WHAT NEEDS TO BE DONE = Where a line of the entries holds the string "RecvItem", copy that line.

INFORMATION SUPPLIED below:

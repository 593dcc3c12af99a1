-- ===== src/Stream/Receive/Request.antt =====
-- The retransmission request lists exactly the blocks that have not arrived.
use file_transfer_cmd.Prelude.{
  Bool, Bool-cases, List, [], ap, arith, false, if◌then◌else◌, inl, inr, length, length-append,
  refl, set, some, suc, true, zero, ℕ, ◌++◌, ◌+◌, ◌<◌, ◌==◌, ◌∙◌, ◌∷◌, ◌≡◌, ◌≤◌,
}
use file_transfer_cmd.Stream.Receive.{RecvItem, copy_missing, store}
use file_transfer_cmd.Stream.Receive.Covers.{Covers, count_below}
use mathlib.Core.List.{append_assoc}

-- The numbers of `k` from `e` on that are not in the set, in order.
abbrev pub missing : (ℕ → Bool) → ℕ → ℕ → List ℕ
missing got e zero = []
missing got e (suc k) = if got e then missing got (suc e) k else e ∷ missing got (suc e) k

pub length-missing : (got : ℕ → Bool) (e k : ℕ) → length (missing got e k) ≤ k
length-missing got e zero = omega arith
length-missing got e (suc k) = ground (arith, length-missing got (suc e) k)

-- A prefix that has arrived adds nothing.
pub missing_skip :
    (got : ℕ → Bool) (e k m : ℕ)
    → ((j : ℕ) → e ≤ j → j < e + k → got j ≡ true)
    → missing got e (k + m) ≡ missing got (e + k) m
missing_skip got e zero m h =
    let z : 0 + m ≡ m = omega arith in let y : e + 0 ≡ e = omega arith in rw (z, y)
missing_skip got e (suc k) m h =
    let z : suc k + m ≡ suc (k + m) = omega arith in
    let y : e + suc k ≡ suc e + k = omega arith in
    rw (z, y, h e (omega arith) (omega arith))
      (missing_skip got (suc e) k m (λ j a b. h j (omega arith) (omega arith)))

count_below-shift :
    (got : ℕ → Bool) (n : ℕ)
    → count_below got (suc n) ≡ (if got 0 then 1 else 0) + count_below (λ j. got (suc j)) n
count_below-shift got zero = ground arith
count_below-shift got (suc n) = ground (arith, count_below-shift got n)

missing-shift :
    (got : ℕ → Bool) (e k : ℕ)
    → length (missing (λ j. got (suc j)) e k) ≡ length (missing got (suc e) k)
missing-shift got e zero = refl
missing-shift got e (suc k) = ground (arith, missing-shift got (suc e) k)

-- What is missing and what has arrived make up the whole.
pub length-missing-add-count :
    (got : ℕ → Bool) (n : ℕ) → length (missing got 0 n) + count_below got n ≡ n
length-missing-add-count got zero = refl
length-missing-add-count got (suc n) = ground (
  arith,
  count_below-shift got n,
  missing-shift got 0 n,
  length-missing-add-count (λ j. got (suc j)) n,
)

set-append :
    (pre : List ℕ) (y v : ℕ) (rest : List ℕ)
    → set (pre ++ y ∷ rest) (length pre) v ≡ (pre ++ v ∷ []) ++ rest
set-append [] y v rest = refl
set-append (x ∷ pre) y v rest = ap (◌∷◌ x) (set-append pre y v rest)

copy_stop :
    (miss rest pre after space : List ℕ)
    → length rest ≡ length miss
    → length rest ≡ 0
    → space ≡ pre ++ (rest ++ after)
    → space ≡ pre ++ (miss ++ after)
copy_stop [] [] pre after space h z s = s
copy_stop (x ∷ miss) [] pre after space h z s = absurd (omega arith)
copy_stop miss (y ∷ rest) pre after space h z s = absurd (omega arith)

copy_missing-recved :
    (x : RecvItem) (xs : List RecvItem) (loc size : ℕ) (space : List ℕ)
    → x.recved ≡ true
    → copy_missing (x ∷ xs) loc size space
      ≡ (if loc == size then some space else copy_missing xs loc size space)
unfolding copy_missing
copy_missing-recved x xs loc size space h = rw (h, copy_missing) refl

copy_missing-unrecved :
    (x : RecvItem) (xs : List RecvItem) (loc size : ℕ) (space space' : List ℕ)
    → x.recved ≡ false
    → store space loc x.seq ≡ some space'
    → copy_missing (x ∷ xs) loc size space
      ≡ (if loc + 1 == size then some space' else copy_missing xs (loc + 1) size space')
unfolding copy_missing
copy_missing-unrecved x xs loc size space space' h st = rw (h, copy_missing) (rw st refl)

store-append :
    (pre rest space : List ℕ) (y v loc : ℕ)
    → space ≡ pre ++ (y ∷ rest)
    → loc ≡ length pre
    → store space loc v ≡ some ((pre ++ v ∷ []) ++ rest)
unfolding store
store-append pre rest space y v loc s a =
    rw (s, a) (ground (arith, length-append pre (y ∷ rest), set-append pre y v rest))

copy_recved :
    (got : ℕ → Bool) (e : ℕ) (x : RecvItem) (xs : List RecvItem) (pre rest after space : List ℕ)
    (loc size : ℕ)
    → x.recved ≡ true
    → length rest ≡ length (missing got (suc e) (length xs))
    → space ≡ pre ++ (rest ++ after)
    → size ≡ loc + length rest
    → copy_missing xs loc size space ≡ some (pre ++ (missing got (suc e) (length xs) ++ after))
    → copy_missing (x ∷ xs) loc size space
      ≡ some (pre ++ (missing got (suc e) (length xs) ++ after))
copy_recved got e x xs pre rest after space loc size h l s b rest_ok =
    copy_missing-recved x xs loc size space h ∙ elim (Bool-cases (loc == size)) [
      | inl stop ↦ rw stop (
          ap some
            (copy_stop (missing got (suc e) (length xs)) rest pre after space l (ground arith) s))
      | inr more ↦ rw more rest_ok
    ]

copy_unrecved :
    (got : ℕ → Bool) (e : ℕ) (x : RecvItem) (xs : List RecvItem) (pre after space : List ℕ)
    (rest : List ℕ) (y loc size : ℕ)
    → x.seq ≡ e
    → x.recved ≡ false
    → length rest ≡ length (missing got (suc e) (length xs))
    → space ≡ pre ++ (y ∷ (rest ++ after))
    → loc ≡ length pre
    → size ≡ loc + suc (length rest)
    → copy_missing xs (loc + 1) size ((pre ++ e ∷ []) ++ (rest ++ after))
      ≡ some ((pre ++ e ∷ []) ++ (missing got (suc e) (length xs) ++ after))
    → copy_missing (x ∷ xs) loc size space
      ≡ some (pre ++ (e ∷ (missing got (suc e) (length xs) ++ after)))
copy_unrecved got e x xs pre after space rest y loc size q h l s a b rest_ok =
    copy_missing-unrecved x xs loc size space ((pre ++ e ∷ []) ++ (rest ++ after)) h
      (rw q (store-append pre (rest ++ after) space y e loc s a))
    ∙ elim (Bool-cases (loc + 1 == size)) [
      | inl stop ↦ rw stop (
          ap some (
            copy_stop (missing got (suc e) (length xs)) rest (pre ++ e ∷ []) after
              ((pre ++ e ∷ []) ++ (rest ++ after)) l (ground arith) refl
            ∙ append_assoc pre _ _))
      | inr more ↦ rw more (rest_ok ∙ ap some (append_assoc pre _ _))
    ]

copy_missing-nil : (loc size : ℕ) (space : List ℕ) → copy_missing [] loc size space ≡ some space
unfolding copy_missing
copy_missing-nil loc size space = refl

missing-there :
    (got : ℕ → Bool) (e k : ℕ) → got e ≡ true → missing got e (suc k) ≡ missing got (suc e) k
missing-there got e k h = rw h

missing-gone :
    (got : ℕ → Bool) (e k : ℕ) → got e ≡ false → missing got e (suc k) ≡ e ∷ missing got (suc e) k
missing-gone got e k h = rw h

-- The copying loop fills the words between `pre` and `after` with the missing numbers.
pub copy_missing_lem :
    (got : ℕ → Bool) (e : ℕ) (q : List RecvItem) (pre rest after space : List ℕ) (loc size : ℕ)
    → Covers got e q
    → length rest ≡ length (missing got e (length q))
    → space ≡ pre ++ (rest ++ after)
    → loc ≡ length pre
    → size ≡ loc + length rest
    → copy_missing q loc size space ≡ some (pre ++ (missing got e (length q) ++ after))
copy_missing_lem got e [] pre rest after space loc size c l s a b =
    copy_missing-nil loc size space ∙ ap some (copy_stop [] rest pre after space l l s)
copy_missing_lem got e (x ∷ xs) pre [] after space loc size (q, m, c) l s a b =
    elim (Bool-cases (got e)) [
      | inl there ↦ rw (missing-there got e (length xs) there) (
          copy_recved got e x xs pre [] after space loc size (m ∙ there)
            (l ∙ ap length (missing-there got e (length xs) there)) s b
            (copy_missing_lem got (suc e) xs pre [] after space loc size c
              (l ∙ ap length (missing-there got e (length xs) there)) s a b))
      | inr gone ↦ absurd (omega (arith, l, ap length (missing-gone got e (length xs) gone)))
    ]
copy_missing_lem got e (x ∷ xs) pre (y ∷ rest) after space loc size (q, m, c) l s a b =
    elim (Bool-cases (got e)) [
      | inl there ↦ rw (missing-there got e (length xs) there) (
          copy_recved got e x xs pre (y ∷ rest) after space loc size (m ∙ there)
            (l ∙ ap length (missing-there got e (length xs) there)) s b
            (copy_missing_lem got (suc e) xs pre (y ∷ rest) after space loc size c
              (l ∙ ap length (missing-there got e (length xs) there)) s a b))
      | inr gone ↦
          let n : length rest ≡ length (missing got (suc e) (length xs)) =
            omega (arith, l, ap length (missing-gone got e (length xs) gone)) in
          rw (missing-gone got e (length xs) gone) (
            copy_unrecved got e x xs pre after space rest y loc size q (m ∙ gone) n s a b (
              copy_missing_lem got (suc e) xs (pre ++ e ∷ []) rest after _ (loc + 1) size c n refl
                (omega (arith, a, length-append pre (e ∷ []))) (omega (arith, b))))
    ]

End of INFORMATION SUPPLIED.

YOUR SOLUTION =
use file_transfer_cmd.Stream.Receive.{RecvItem, copy_missing, store}
    (x : RecvItem) (xs : List RecvItem) (loc size : ℕ) (space : List ℕ)
    (x : RecvItem) (xs : List RecvItem) (loc size : ℕ) (space space' : List ℕ)
    (got : ℕ → Bool) (e : ℕ) (x : RecvItem) (xs : List RecvItem) (pre rest after space : List ℕ)
    (got : ℕ → Bool) (e : ℕ) (x : RecvItem) (xs : List RecvItem) (pre after space : List ℕ)
    (got : ℕ → Bool) (e : ℕ) (q : List RecvItem) (pre rest after space : List ℕ) (loc size : ℕ)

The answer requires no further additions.